To predict the readmission of hospital patients in 30 days. Readmission of patients following discharge from hospital places an enormous burden on the US healthcare system. The objective of predictive analysis is to build a binary classification model that can predict early readmission given the patient’s features.
import pandas
import matplotlib.pyplot
import numpy
import seaborn
from sklearn.metrics import ConfusionMatrixDisplay, accuracy_score, f1_score, precision_score, recall_score, classification_report, confusion_matrix, roc_curve, roc_auc_score, precision_recall_curve
from imblearn.over_sampling import SMOTE
from collections import Counter
from sklearn.model_selection import KFold, cross_val_score, train_test_split, RandomizedSearchCV
from sklearn.linear_model import LogisticRegression
from sklearn.tree import DecisionTreeClassifier
from sklearn.ensemble import RandomForestClassifier
- Dropped features that are not related to readmission of patients.
- Created new column ‘patient_visit_beforeadmit‘ by adding three columns 'number_outpatient’, 'number_emergency','number_inpatient’ to store the number of times patient visited hospital in previous year.
- From 24 medication features we saw that some have all the values as ‘No’ and some have majority (99.9%) values as ‘No’ so we drop those features. From the remaining features, created a new column ‘num_medschange’ to store the total number of medications changed for a patient.
- ‘diag_1’, ‘diag_2’, ‘diag_3’ columns have many codes ranging from 1-954. So, we group together codes which mean the same and assigning a category to them.
- Some features are grouped together which have the same meaning and value.
- Conducted ONE-HOT ENCODING and STANDARDIZATION to create a final data set.
Our data consisted majority of data points wherein patients did not readmit in 30 days. There is a problem of class imbalance in the test and train dataset. We used SMOTE(Synthetic Minority Oversampling Technique) to counter this which is an effective way of synthesizing new samples from existing ones.
Original dataset shape: ({0: 86986, 1: 11066})
New dataset shape: ({0: 86986, 1: 86986})
- Logistic Regression
- Decision Tree
- Random Forest
Refinement Over Random Forest
- Cross Validation: number of splits =5
- Hyperparameter Tuning using RandomizedCV:
Optimize these 3 parameters and find best value from the list.
space['n_estimators'] = [10, 100, 500]
space['max_depth'] = [20, 25, 30]
space['min_samples_split']=[8,10,12]
Random search across 25 candidates, using 5-fold cross validation.
Parameters passed : n_iter = 25, cv = 5
-
Logistic Regression has best TPR value, but there is a tradeoff between model complexity and accuracy.

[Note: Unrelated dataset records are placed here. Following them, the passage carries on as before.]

-- ===== src/Smr/Chunks/Laws.antt =====
-- The chunk table as one long array: what a write does to a read, for the owner of the table.
use mathlib.Core.Option
use native.Mathlib.Nat.{div-add-mod}
use hi_perf_cmp.Prelude.{
  ℕ, ◌+◌, ◌/◌, ◌%◌, ◌≤◌, ◌<◌, ◌≡◌, ◌≢◌, ◌∙◌, Option, none, some, arith, inl, inr, ◌==◌,
  if◌then◌else◌, get_elem?, set, get_elem?-set, Bool-cases, Option-cases, ◌&&◌,
}
use hi_perf_cmp.Smr.Chunks.History.{IsLater}
use hi_perf_cmp.Smr.Chunks.{
  Chunks, deref, read_table, read, update_heap, replace, copy_on_write, write_item, write_table,
  modify_at, modify,
}

-- The owner's table holds distinct allocations, none from a later generation.
pub record IsOwned {A : Type 0} (gen : ℕ) (c : Chunks A) : Type 0 where
  pub bound : (i a : ℕ) → get_elem? c.table i ≡ some a → a < c.fresh
  pub born : (i a : ℕ) → get_elem? c.table i ≡ some a → (c.heap a).born ≤ gen
  pub distinct : (i j a : ℕ) → get_elem? c.table i ≡ some a → get_elem? c.table j ≡ some a → i ≡ j

-- The items as the table shows them.
abbrev pub at : {A : Type 0} → Chunks A → ℕ → ℕ → Option A
at c ci off = deref c.heap (get_elem? c.table ci) off

module _ {A : Type 0} where
  pub IsOwned-mono : {g h : ℕ} {c : Chunks A} → g ≤ h → IsOwned g c → IsOwned h c
  IsOwned-mono le w = record {
    bound = w.bound;
    born = λ i a e. omega (arith, w.born i a e);
    distinct = w.distinct;
  }

  copy-IsOwned :
      (gen : ℕ) (c : Chunks A) (ci a : ℕ)
      → IsOwned gen c
      → get_elem? c.table ci ≡ some a
      → IsOwned gen (copy_on_write gen c ci a)
  unfolding copy_on_write replace
  copy-IsOwned gen c ci a w e = record {
    bound = λ i b q. ground (arith, get_elem?-set c.table ci i c.fresh e, w.bound i b);
    born = λ i b q. ground (arith, get_elem?-set c.table ci i c.fresh e, w.bound i b, w.born i b);
    distinct = λ i j b p q. ground (
      arith,
      get_elem?-set c.table ci i c.fresh e,
      get_elem?-set c.table ci j c.fresh e,
      w.bound i b,
      w.bound j b,
      w.distinct i j b,
    );
  }

  -- The copy shows the same items.
  copy-at :
      (gen : ℕ) (c : Chunks A) (ci a j off : ℕ)
      → IsOwned gen c
      → get_elem? c.table ci ≡ some a
      → at (copy_on_write gen c ci a) j off ≡ at c j off
  unfolding copy_on_write replace deref
  copy-at gen c ci a j off w e = elim (Option-cases (get_elem? c.table j)) [
    | inl n ↦ ground (arith, get_elem?-set c.table ci j c.fresh e)
    | inr (b, q) ↦ ground (arith, get_elem?-set c.table ci j c.fresh e, w.bound j b)
  ]

  write-IsOwned :
      (gen : ℕ) (c : Chunks A) (a off : ℕ) (f : A → A) {d : Chunks A}
      → IsOwned gen c
      → write_item c a off f ≡ some d
      → IsOwned gen d
  unfolding write_item
  write-IsOwned gen c a off f w e = record {
    bound = λ i b q. ground (arith, w.bound i b);
    born = λ i b q. ground (arith, w.born i b, w.born i a);
    distinct = λ i j b p q. ground (arith, w.distinct i j b);
  }

  write-at :
      (gen : ℕ) (c : Chunks A) (ci a off : ℕ) (f : A → A) (j k : ℕ) {d : Chunks A}
      → IsOwned gen c
      → get_elem? c.table ci ≡ some a
      → write_item c a off f ≡ some d
      → at d j k ≡ (if (ci == j) && (off == k) then Option.map f (at c j k) else at c j k)
  unfolding write_item deref
  write-at gen c ci a off f j k w h e = elim (Option-cases (get_elem? (c.heap a).items off)) [
    | inl n ↦ ground arith
    | inr (x, q) ↦ elim (Option-cases (get_elem? c.table j)) [
      | inl n ↦ ground (arith)
      | inr (b, p) ↦ ground (arith, get_elem?-set (c.heap a).items off k (f x) q, w.distinct ci j a)
    ]
  ]

  at-eq-some :
      (c : Chunks A) (ci off : ℕ) {x : A}
      → at c ci off ≡ some x
      → (a : ℕ) × (get_elem? c.table ci ≡ some a) × (get_elem? (c.heap a).items off ≡ some x)
  unfolding deref
  at-eq-some c ci off h = elim (Option-cases (get_elem? c.table ci)) [
    | inl n ↦ ground arith
    | inr (a, q) ↦ (a, q, ground arith)
  ]

  -- What a write of `f` at item `off` of chunk `ci` must do.
  record Wrote (gen : ℕ) (c : Chunks A) (ci off : ℕ) (y : A) (d : Chunks A) : Type 0 where
    owned : IsOwned gen d
    reads : (j k : ℕ) → at d j k ≡ (if (ci == j) && (off == k) then some y else at c j k)

  write_item-some :
      (c : Chunks A) (a off : ℕ) (f : A → A) {x : A}
      → get_elem? (c.heap a).items off ≡ some x
      → write_item c a off f
        ≡ some (record c {
          heap =
              update_heap c.heap a
                (record { born = (c.heap a).born; items = set (c.heap a).items off (f x) });
        })
  unfolding write_item
  write_item-some c a off f p = rw (p, write_item)

  write_table-some :
      (gen : ℕ) (c : Chunks A) (ci off : ℕ) (f : A → A) {x : A}
      → IsOwned gen c
      → at c ci off ≡ some x
      → (d : Chunks A) × (write_table c (get_elem? c.table ci) off f ≡ some d)
        × Wrote gen c ci off (f x) d
  unfolding write_table
  write_table-some gen c ci off f {x} w h =
      let (a, q, p) = at-eq-some c ci off h in
      let e = write_item-some c a off f p in
      (
        _,
        rw q e,
        record {
          owned = write-IsOwned gen c a off f w e;
          reads = λ j k. ground (arith, write-at gen c ci a off f j k w q e);
        },
      )

  -- A write succeeds where the table shows an item.
  modify_at-some :
      (gen : ℕ) (c : Chunks A) (ci off : ℕ) (f : A → A) {x : A}
      → IsOwned gen c
      → at c ci off ≡ some x
      → (d : Chunks A) × (modify_at gen c (get_elem? c.table ci) ci off f ≡ some d)
        × Wrote gen c ci off (f x) d
  unfolding modify_at
  modify_at-some gen c ci off f {x} w h =
      let (a, q, p) = at-eq-some c ci off h in
      let u = copy_on_write gen c ci a in
      let (d, e, r) =
        write_table-some gen u ci off f (copy-IsOwned gen c ci a w q)
          (copy-at gen c ci a ci off w q ∙ h) in
      (
        d,
        rw q e,
        record {
          owned = r.owned;
          reads = λ j k. ground (arith, r.reads j k, copy-at gen c ci a j k w q);
        },
      )

  modify_at-none :
      (gen : ℕ) (c : Chunks A) (ci off : ℕ) (f : A → A)
      → IsOwned gen c
      → at c ci off ≡ none
      → modify_at gen c (get_elem? c.table ci) ci off f ≡ none
  unfolding modify_at
  modify_at-none gen c ci off f w h = elim (Option-cases (get_elem? c.table ci)) [
    | inl n ↦ rw n
    | inr (a, q) ↦
        rw q
          (write_table-none (copy_on_write gen c ci a) ci off f (copy-at gen c ci a ci off w q ∙ h))
  ]
    where
      write_table-none :
          (d : Chunks A) (ci off : ℕ) (f : A → A)
          → at d ci off ≡ none
          → write_table d (get_elem? d.table ci) off f ≡ none
      write_table-none d ci off f h = unfold write_table write_item deref in ground arith

same_place :
    (size i j : ℕ) → size ≢ 0 → ((i / size == j / size) && (i % size == j % size)) ≡ (i == j)
same_place size i j h = ground (arith, div-add-mod i size, div-add-mod j size)

module _ {A : Type 0} where
  pub modify-some :
      (size gen : ℕ) (c : Chunks A) (i : ℕ) (f : A → A) {x : A}
      → IsOwned gen c
      → read size c i ≡ some x
      → (d : Chunks A) × (modify size gen c i f ≡ some d)
        × IsOwned gen d
        × ((j : ℕ) → read size d j ≡ (if i == j then some (f x) else read size c j))
  unfolding modify read_table
  modify-some size gen c i f {x} w h = elim (Bool-cases (size == 0)) [
    | inl e ↦ ground arith
    | inr e ↦
        let (d, m, r) = modify_at-some gen c (i / size) (i % size) f w (rw e at h) in
        (
          d,
          rw e m,
          r.owned,
          λ j. rw (e, r.reads (j / size) (j % size), same_place size i j (ground arith)),
        )
  ]

  pub modify-none :
      (size gen : ℕ) (c : Chunks A) (i : ℕ) (f : A → A)
      → IsOwned gen c
      → read size c i ≡ none
      → modify size gen c i f ≡ none
  unfolding modify read_table
  modify-none size gen c i f w h = elim (Bool-cases (size == 0)) [
    | inl e ↦ rw e
    | inr e ↦ rw e (modify_at-none gen c (i / size) (i % size) f w (rw e at h))
  ]

  -- A copy of the table reads as it did, whatever is written in later generations.
  pub read_table-frozen :
      (size gen : ℕ) (c d : Chunks A) (i : ℕ)
      → IsOwned gen c
      → IsLater (gen + 1) c d
      → read_table size d.heap c.table i ≡ read size c i
  unfolding read_table deref
  read_table-frozen size gen c d i w l = elim (Option-cases (get_elem? c.table (i / size))) [
    | inl n ↦ ground arith
    | inr (a, q) ↦ rw (q, l.frozen a (w.bound _ a q) (omega (arith, w.born _ a q)))
  ]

If we can compromise on FPR and TNR then Logistic Regression is good but if we choose Random Forest, we get better performance, Accuracy, although it is computationally costly.
-
For our problem statement, Recall score is an effective measure. It is more preferable to not miss any patient who will be readmitted in 30 days even if that means predicting some patients as readmitted within 30days but actually they will not be readmit in 30 days.